На этот раз ему все же удалось улыбнуться.

— А пока, — я протянул ему большой сверток, — мне позволили передать тебе вот это. Здесь твоя одежда, флейта, тамбур, съестные припасы — немного, на дорогу, и Евангелие, пусть твоя вера утешит тебя. Будь терпелив и помни о том, что у тебя есть друг — я.

— Благодарю тебя за все. И я навсегда останусь твоим другом. Прощай!

— Не будем прощаться навеки, будем надеяться на новую встречу.

Но этот наш короткий разговор оказался последним.

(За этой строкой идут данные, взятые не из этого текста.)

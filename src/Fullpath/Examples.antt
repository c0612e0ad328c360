-- ===== src/Fullpath/Examples.antt =====
-- Runs of `_fullpath` on a machine with a drive C:.
use libi.Base.{
  ℕ, zero, suc, ◌-◌, ◌≤◌, ◌≡◌, refl, ap, true, false, ◌||◌, not, Option, none, some, List, [], ◌∷◌,
  arith, length, take, str_eq, ◌==◌, if◌then◌else◌,
}
use libi.Path.Chars.{max_path, path_sep_p, dbcs_lead_p}
use libi.Fullpath.{
  Dos, Fcb, ok, ack_fullpath, dbcs_strcspn, drive_of, is_network, or_dot, end_text, field_len,
}
use libi.Fullpath.Stack.{seg_of}
use libi.Fullpath.Visit.{span, visit}
use libi.Fullpath.Walk.{ReadsNames, single_byte}
use libi.Fullpath.Absolute.{visited, ack_fullpath-visit}
use libi.Fullpath.Bounds.{ShortDirs, Short, ack_fullpath-Short}
use libi.Fullpath.Faults.{ack_fullpath_overflows}

pad : ℕ → List ℕ → List ℕ
pad n [] = pad_blank n
  where
    pad_blank : ℕ → List ℕ
    pad_blank zero = []
    pad_blank (suc n) = b' ' ∷ pad_blank n
pad n (c ∷ cs) = c ∷ pad (n - 1) cs

-- Names without extensions.
abbrev plain_fcb : List ℕ → Fcb
plain_fcb path =
    let k = dbcs_strcspn none path in
    record { used = k; drive = 0; name = pad 8 (take k path); ext = pad 3 [] }

abbrev pc : Dos
pc = record {
  dbcs = none;
  getdrive = 3;
  do_getdcwd = λ drive. some (b'D' ∷ 0x5c ∷ b'E' ∷ []);
  parsfnm = plain_fcb;
  do_truename = λ path. some path;
  unwritten = b'?' ∷ [];
  memory = true;
}

up_and_down :
    ack_fullpath pc false 144 (some (b'.' ∷ b'.' ∷ b'/' ∷ b'F' ∷ []))
    ≡ ok (b'C' ∷ b':' ∷ 0x5c ∷ b'D' ∷ 0x5c ∷ b'F' ∷ [])
unfolding ack_fullpath pad path_sep_p dbcs_lead_p str_eq
up_and_down = refl

-- The name of a component on this machine.
abbrev pc_seg : List ℕ → Option (List ℕ)
pc_seg c = seg_of (record { used = 0; drive = 0; name = pad 8 c; ext = pad 3 [] })

pc-ReadsNames : ReadsNames pc pc_seg
pc-ReadsNames p =
    let same : (span p == span p) ≡ true = ground arith in
    ap (λ b. if not b || not (0 == 0) then none else pc_seg (take (span p) p)) same

-- "C:/F/./G/../H"
abbrev long_way : List ℕ
long_way = b'F' ∷ b'/' ∷ b'.' ∷ b'/' ∷ b'G' ∷ b'/' ∷ b'.' ∷ b'.' ∷ b'/' ∷ b'H' ∷ []

c_drive : drive_of (single_byte pc) (b'C' ∷ b':' ∷ b'/' ∷ long_way) ≡ ok (3, b'/' ∷ long_way)
unfolding drive_of dbcs_lead_p
c_drive = refl

c_local : is_network (b'C' ∷ b':' ∷ b'/' ∷ long_way) ≡ false
unfolding is_network
c_local = refl

slash : path_sep_p b'/' ≡ true
unfolding path_sep_p
slash = refl

ack_fullpath-visit_example :
    ack_fullpath (single_byte pc) false 144 (some (b'C' ∷ b':' ∷ b'/' ∷ long_way))
    ≡ visited pc pc_seg pc-ReadsNames 144 3 long_way
ack_fullpath-visit_example =
    ack_fullpath-visit pc pc_seg pc-ReadsNames 144 2 b'/' b'C' (b':' ∷ b'/' ∷ long_way) long_way
      (omega arith) (omega arith) c_local c_drive slash

visited_way :
    visited pc pc_seg pc-ReadsNames 144 3 long_way
    ≡ ok (b'C' ∷ b':' ∷ 0x5c ∷ b'F' ∷ 0x5c ∷ b'H' ∷ [])
unfolding visit end_text pad field_len str_eq path_sep_p dbcs_lead_p
visited_way = refl

pc-ShortDirs : ShortDirs pc
pc-ShortDirs drive dir h = ground (arith, h)

dot_local : is_network (or_dot none) ≡ false
unfolding is_network or_dot
dot_local = refl

ack_fullpath-Short_example : Short pc (if false then max_path else 8) (ack_fullpath pc false 8 none)
ack_fullpath-Short_example = ack_fullpath-Short pc false 8 none pc-ShortDirs (omega arith) dot_local

ack_fullpath_overflows_example :
    (text : List ℕ) × (ack_fullpath pc false 2 (some (b'/' ∷ [])) ≡ ok text) × (2 ≤ length text)
ack_fullpath_overflows_example =
    ack_fullpath_overflows pc 2 2 b'/' (omega arith) (omega arith) refl slash
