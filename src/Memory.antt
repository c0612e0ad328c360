-- ===== src/Memory.antt =====
-- Far memory: common/string/fmemmove.c, with host-gcc/string/fmemcpy.S and
-- host-gcc/string/libi86-fmemmove-backward.S, which copy by words.
pub mod Copies
pub mod Move
pub mod Examples
use libi.Base.{ℕ, zero, suc, ◌+◌, ◌-◌, ◌*◌, ◌/◌, ◌%◌, ◌^◌, ◌≡◌, Bool, true, false, ◌&&◌, ◌||◌}
use libi.Base.{ltb, ◌==◌, if◌then◌else◌}

-- `FP_SEG` and `FP_OFF`
pub record Far : Type 0 where
  pub seg : ℕ
  pub off : ℕ

-- The bytes by their linear addresses in real mode.
abbrev pub Memory : Type 0
Memory = ℕ → ℕ

-- `linear_addr_rm`, and the address of the byte `i` behind a far pointer.
unfoldable pub linear_addr_rm : Far → ℕ
linear_addr_rm p = p.seg * 16 + p.off

unfoldable pub at : Far → ℕ → ℕ
at p i = p.seg * 16 + (p.off + i) % 2 ^ 16

unfoldable pub store : Memory → ℕ → ℕ → Memory
store mem a v b = if a == b then v else mem b

-- `movsb` and `movsw` for the byte `i`, and `i + 1`.
unfoldable pub move_byte : Far → Far → ℕ → Memory → Memory
unfolding store at
move_byte dest src i mem = store mem (at dest i) (mem (at src i))

unfoldable pub move_word : Far → Far → ℕ → Memory → Memory
unfolding store at
move_word dest src i mem =
    store (store mem (at dest i) (mem (at src i))) (at dest (i + 1)) (mem (at src (i + 1)))

-- `rep movsw` upwards from the byte `i`, and downwards to the byte `i`.
unfoldable pub words_up : Far → Far → ℕ → ℕ → Memory → Memory
unfolding move_word
words_up dest src i zero mem = mem
words_up dest src i (suc words) mem = words_up dest src (i + 2) words (move_word dest src i mem)

unfoldable pub words_down : Far → Far → ℕ → ℕ → Memory → Memory
unfolding move_word
words_down dest src i zero mem = mem
words_down dest src i (suc words) mem =
    words_down dest src i words (move_word dest src (i + words * 2) mem)

-- `__libi86_fmemmove_forward` and `__libi86_fmemmove_backward`
unfoldable pub fmemmove_forward : Far → Far → ℕ → Memory → Memory
unfolding words_up move_byte
fmemmove_forward dest src n mem =
    let moved = words_up dest src 0 (n / 2) mem in
    if n % 2 == 1 then move_byte dest src (n - 1) moved else moved

unfoldable pub fmemmove_backward : Far → Far → ℕ → Memory → Memory
unfolding words_down move_byte
fmemmove_backward dest src n mem =
    let moved = words_down dest src (n % 2) (n / 2) mem in
    if n % 2 == 1 then move_byte dest src 0 moved else moved

-- Whether `_fmemmove` copies backward, where the pointers differ.
unfoldable pub backward : Far → Far → ℕ → Bool
unfolding linear_addr_rm
backward dest src n =
    let d = linear_addr_rm dest in
    let s = linear_addr_rm src in
    let d' = d % 2 ^ 20 in
    let s' = s % 2 ^ 20 in
    if dest.seg == src.seg
    then ltb src.off dest.off
    else if ltb s d && ltb d (s + n)
    then true
    else if ltb 0xfffff s || ltb 0xfffff d
    then ltb s' d' && ltb d' (s' + n)
    else false

unfoldable pub fmemmove : Far → Far → ℕ → Memory → Memory
unfolding backward fmemmove_forward fmemmove_backward
fmemmove dest src n mem =
    if n == 0 || (dest.off == src.off && dest.seg == src.seg)
    then mem
    else if backward dest src n
    then fmemmove_backward dest src n mem
    else fmemmove_forward dest src n mem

На следующий день Панайотиса увезли.

После всех тревог и унижений можно было обдумать свою дальнейшую судьбу. Отец хлопотал о том, чтобы Хасан и я могли вернуться в Брусу и попасть ко двору. Сам он уже не думал о возвращении, он отяжелел, постарел и предпочитал спокойную жизнь провинции столичной суетности.

Теперь я стал больше времени проводить с братом. Я заметил, каким он стал мрачным, суровым. Я ощущал в нем и жестокость. Многих удивило то, с какой яростью он набросился на жителей в Харман Кая — родном селении Панайотиса. Однажды мне понадобилось о чем-то спросить его, или попросить, уже не помню. Я постучал в дверь его комнаты. Он не откликался. Тогда я приоткрыл дверь. И был поражен. В стенной беленой нише я увидел изображение Сельви — икону Панайотиса!

6

ХАСАН

Разумеется, я ни на миг не усомнился в том, что мой брат не сделался неверным. Я просто о многом вспомнил, многое сопоставил, и, соответственно, многое понял. А после я просто многое узнал — от Хасана, от моей матери, а кое-что и сам домыслил.